Amplitude and e-folding timescales of shots.*
| No. | Date | Amplitude | Duration | Rise time | Decay time |
|---|---|---|---|---|---|
| 1 | 8.0924 | 152 ± 17 | 0.042 ± 0.006 | 0.018 ± 0.005 | 0.024 ± 0.001 |
| 2 | 8.4207 | 82 ± 17 | 0.096 ± 0.035 | 0.057 ± 0.017 | 0.039 ± 0.018 |
| 3 | 8.8232 | 71 ± 14 | 0.090 ± 0.035 | 0.042 ± 0.016 | 0.048 ± 0.020 |
| 4 | 9.6917 | 69 ± 14 | 0.068 ± 0.034 | 0.039 ± 0.019 | 0.029 ± 0.015 |
| No. | Date | Amplitude | Duration | Rise time | Decay time |
|---|---|---|---|---|---|
| 1 | 8.0924 | 152 ± 17 | 0.042 ± 0.006 | 0.018 ± 0.005 | 0.024 ± 0.001 |
| 2 | 8.4207 | 82 ± 17 | 0.096 ± 0.035 | 0.057 ± 0.017 | 0.039 ± 0.018 |
| 3 | 8.8232 | 71 ± 14 | 0.090 ± 0.035 | 0.042 ± 0.016 | 0.048 ± 0.020 |
| 4 | 9.6917 | 69 ± 14 | 0.068 ± 0.034 | 0.039 ± 0.019 | 0.029 ± 0.015 |
* Columns: 1 – number, 2 – peak date (JD 2456100), 3 – amplitude (c s−1), 4 – duration (d), 5 – rise time (d), 6 – decay time (d).
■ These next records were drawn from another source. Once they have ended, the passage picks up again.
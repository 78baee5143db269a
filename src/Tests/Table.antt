-- ===== src/Tests/Table.antt =====
-- A task is added to a table in memory.
use gquuuuuunix.Base.{
  ℕ, zero, suc, ◌+◌, ◌*◌, ◌<◌, ◌≡◌, refl, inr, subst, [], ◌∷◌, none, some, false, get_elem?, ◌==◌,
  if◌then◌else◌, arith,
}
use gquuuuuunix.Outcome.{ok}
use gquuuuuunix.Memory.{Mem}
use gquuuuuunix.Cpu.{Context}
use gquuuuuunix.SpinLock.{SpinLock}
use gquuuuuunix.Task.{unused, runnable, Task, Table, add_task}
use gquuuuuunix.Task.Bytes.{Symbols, task_size, ContextAt, TaskAt, TableAt, add_task_bytes}
use gquuuuuunix.Task.Bytes.Add.{Disjoint, add_task_bytes_lem}

abbrev symbols : Symbols
symbols = record {
  tasks = 65536;
  task_nrs = 4096;
  cpus = 8192;
  acquire = 256;
  release = 512;
  is_holding = 768;
}

-- The task to be added is at 32768; the rest is 0 but the counter.
abbrev memory : Mem
memory a = if a == 32768 then 3 else if a == 32888 then 3 else if a == 4096 then 1 else 0

abbrev zeros : Context
zeros = record {
  ra = 0;
  sp = 0;
  s0 = 0;
  s1 = 0;
  s2 = 0;
  s3 = 0;
  s4 = 0;
  s5 = 0;
  s6 = 0;
  s7 = 0;
  s8 = 0;
  s9 = 0;
  s10 = 0;
  s11 = 0;
}

abbrev blank_lock : SpinLock
blank_lock = record { is_locked = 0; cpu = none; ops = false }

abbrev blank : Task
blank = record { pid = 0; context = zeros; state = unused; lk = blank_lock }

abbrev third : Task
third = record blank { pid = 3; state = runnable }

abbrev blanks : Table
blanks = record { tasks = blank ∷ blank ∷ []; task_nrs = 1 }

zeros-At : (a : ℕ) → 65536 < a → ContextAt memory a zeros
zeros-At a above = record {
  ra = ground arith;
  sp = ground arith;
  s0 = ground arith;
  s1 = ground arith;
  s2 = ground arith;
  s3 = ground arith;
  s4 = ground arith;
  s5 = ground arith;
  s6 = ground arith;
  s7 = ground arith;
  s8 = ground arith;
  s9 = ground arith;
  s10 = ground arith;
  s11 = ground arith;
}

blank-At : (a : ℕ) → 65535 < a → TaskAt symbols memory a blank
blank-At a above = record {
  pid = ground arith;
  context = zeros-At (a + 8) (omega arith);
  state = ground arith;
  lk = record {
    is_locked = ground arith;
    cpu = ground arith;
    acquire = λ e. ground (arith, e);
    release = λ e. ground (arith, e);
    is_holding = λ e. ground (arith, e);
  };
}

third-At : TaskAt symbols memory 32768 third
third-At = record {
  pid = refl;
  context = record {
    ra = refl;
    sp = refl;
    s0 = refl;
    s1 = refl;
    s2 = refl;
    s3 = refl;
    s4 = refl;
    s5 = refl;
    s6 = refl;
    s7 = refl;
    s8 = refl;
    s9 = refl;
    s10 = refl;
    s11 = refl;
  };
  state = refl;
  lk = record {
    is_locked = refl;
    cpu = refl;
    acquire = λ e. ground (arith, e);
    release = λ e. ground (arith, e);
    is_holding = λ e. ground (arith, e);
  };
}

blank-entry :
    (i : ℕ) (t : Task)
    → get_elem? blanks.tasks i ≡ some t
    → TaskAt symbols memory (65536 + i * task_size) t
blank-entry zero t e =
    let same : blank ≡ t = cc in
    subst (λ u. TaskAt symbols memory (65536 + 0 * task_size) u) same (blank-At 65536 (omega arith))
blank-entry (suc zero) t e =
    let same : blank ≡ t = cc in
    subst (λ u. TaskAt symbols memory (65536 + 1 * task_size) u) same (blank-At 65704 (omega arith))
blank-entry (suc (suc i)) t e = absurd (cc)

add_task_bytes_lem_example :
    (m' : Mem) × (add_task_bytes symbols 32768 memory ≡ ok m')
    × TableAt symbols m' (add_task third blanks)
    × ((b : ℕ) → Disjoint 65704 task_size b 1 → Disjoint 4096 8 b 1 → m' b ≡ memory b)
add_task_bytes_lem_example =
    add_task_bytes_lem symbols 32768 memory
      (record {
        tasks_aligned = refl;
        task_aligned = refl;
        source_apart = inr (omega arith);
        counter_apart = inr (omega arith);
        source_kept = inr (omega arith);
      })
      (record { tasks = λ i t few e. blank-entry i t e; task_nrs = refl }) third-At
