-- ===== src/LoopRuns/Tests.antt =====
-- A run of a tool step, a guest step that is denied, and a step that is not reached.
use kanbrick_v.Common.{
  contains, ℕ, suc, ◌≡◌, ◌≤◌, refl, arith, Text, codes, List, [], ◌∷◌, Bool, true, false, Option,
  none, some, Result, ok, err, map, lookup, text_eq, text_beq, if◌then◌else◌,
}
use kanbrick_v.Core.Clearance.{l1, l3, l4}
use kanbrick_v.Core.Context.{FirmContext}
use kanbrick_v.Json.{null, string}
use kanbrick_v.Scope.Clearance.{ClearanceScope}
use kanbrick_v.Caps.{CapEntry, InvocationCaps}
use kanbrick_v.LoopRuns.{
  LoopStepRecord, RunState, LoopRunRegistry, empty_registry, insert_run, snapshot, new_run,
  pending_step, run_running,
}
use kanbrick_v.Mesh.Task.{task_completed}
use kanbrick_v.LoopRuns.Step.{Services, Host, Skill, run_step}
use kanbrick_v.LoopRuns.Execute.{execute_steps, World, execute_loop}
use kanbrick_v.LoopRuns.Report.{is_report, outcomes_of, unmarked, execute_loop-is_report}
use kanbrick_v.LoopRuns.Revocation.{execute_loop_revokes}
use kanbrick_v.LoopRuns.Bounded.{IsRegistry}

abbrev caller : FirmContext
caller = record {
  user_id = 1;
  email = codes "ann";
  clearance = l3;
  firm_id = codes "kanbrick";
  roles = [];
  session_id = 2;
  issued_at = 3;
}

abbrev base : ClearanceScope
base = record {
  clearance = l3;
  self_email = codes "ann";
  sees_all = false;
  visible_company_ids = [];
  visible_person_emails = [];
}

abbrev skill : Skill
skill = record {
  id = codes "s";
  name = codes "s";
  scope_id = codes "p";
  guest = codes "g";
  required_clearance = l1;
}

-- The state counts the calls, and is the clock too.
abbrev services : Services ℕ
services = record {
  authorize_skill = λ c b scope name o. (ok skill, suc o);
  now = λ o. o;
  fresh_cap = λ o. (codes "cap", suc o);
  call_tool = λ caps cap tool args o. (ok (string (codes "done")), suc o);
  read_guest_policy = λ o guest. ok (some l4);
  run_guest = λ guest c payload o. (some (task_completed payload), suc o);
  list_keys = λ o user. ok [];
  get_secret = λ o user id. ok none;
  complete = λ kind key model prompt o. (ok prompt, suc o);
  parse_json = λ t. none;
  json_text = λ v. [];
}

abbrev step_at : ℕ → Text → LoopStepRecord
step_at n tool = record {
  loop_id = codes "l";
  position = n;
  skill_name = codes "s";
  scope_id = codes "p";
  provider = [];
  model = [];
  tool = tool;
  tool_args = [];
}

abbrev steps : List LoopStepRecord
steps = step_at 0 (codes "search") ∷ step_at 1 [] ∷ step_at 2 [] ∷ []

abbrev run : RunState
run = new_run (codes "t") (codes "r") (codes "l") (codes "ann") steps

abbrev old_entry : CapEntry
old_entry = record { ctx = caller; expires_at = 100 }

abbrev world : World ℕ
world = record {
  host = record { outside = 7; caps = (codes "old", old_entry) ∷ [] };
  registry = insert_run run empty_registry;
}

execute_loop-is_report_example :
    (r : RunState) × (snapshot
        (codes "r")
        (execute_loop services (codes "r") caller base steps null world).registry
      ≡ some r)
    × (is_report (outcomes_of r.steps) r.status ≡ true)
    × (unmarked r.steps ≡ map pending_step steps)
    × (record r { status = run_running; steps = map pending_step steps } ≡ run)
unfolding snapshot insert_run lookup kanbrick_v.LoopRuns.evict kanbrick_v.Common.insert text_beq
    new_run
execute_loop-is_report_example =
    execute_loop-is_report services (codes "r") caller base steps null world (codes "t") (codes "l")
      (codes "ann") ((refl, (refl, tt)), ((refl, tt), (tt, tt))) refl

execute_loop_revokes_example : lookup (codes "old") world.host.caps ≡ some old_entry
unfolding execute_loop execute_steps run_step lookup kanbrick_v.Common.is_empty
    kanbrick_v.LoopRuns.Step.tool_step kanbrick_v.LoopRuns.Step.guest_step
    kanbrick_v.Core.Clearance.ge kanbrick_v.Caps.revoke kanbrick_v.Common.remove
    kanbrick_v.Caps.mint kanbrick_v.Common.insert kanbrick_v.Common.retain_values text_beq
execute_loop_revokes_example =
    execute_loop_revokes services (codes "r") caller base steps null world (codes "old") old_entry
      refl

empty_IsRegistry : IsRegistry empty_registry
unfolding contains lookup
empty_IsRegistry = record { bounded = omega arith; known = λ id. refl; differ = tt }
The mean of these durations is slightly larger than the duration (best-fitting Tr plus Td of 0.104 d) of the mean profile of shots. This can be caused by the large-side tail of the distribution of durations as evidence that the median value of the distribution of 0.098 d is similar to the value of Tr plus Td of the mean profile.
If the durations arise following a random manner or a provability distribution of a power-law function, the distribution should be flat or without any peaks. If the distribution of durations follows the power-law function with a lower cutoff, there is a physical background for the lower cutoff of this distribution, because the minimum duration of 0.018 d is clearly larger than the cutoff caused by the time-resolution limit of several times of 0.00068 d (= 1 min). Thus, the duration at the peak of the distribution is produced by the physics of the jet rather than the time-resolution limit. Therefore, the distribution of the durations implies that the averaged shape of shots is converged to the typical one which reflects the physical background of the object.
4.2.2 Time evolution of variation timescales
Figure 10 shows the light curve and the time series of estimated durations in the detected shots together with the average and standard deviation of each 10-point duration set in a logarithmic scale. The averaged durations show a systematic variation with time. To validate that this systematic variation is not a result of a random manner, we calculate a χ2/d.o.f of these averaged durations to the best-fitting constant value in the logarithmic scale. Here, we assume that durations in each 10-point set are randomly distributed according to a log-normal probability density. Therefore, the standard deviation of each 10-point duration set is used as the σerr in equation (1). The calculated χ2/d.o.f is equal to 52.3/19, which corresponds to a p value of 1.04 × 10−5. This result indicates that the averaged durations are variable with time. Thus, the shot events are associated with each other, not randomly distributed.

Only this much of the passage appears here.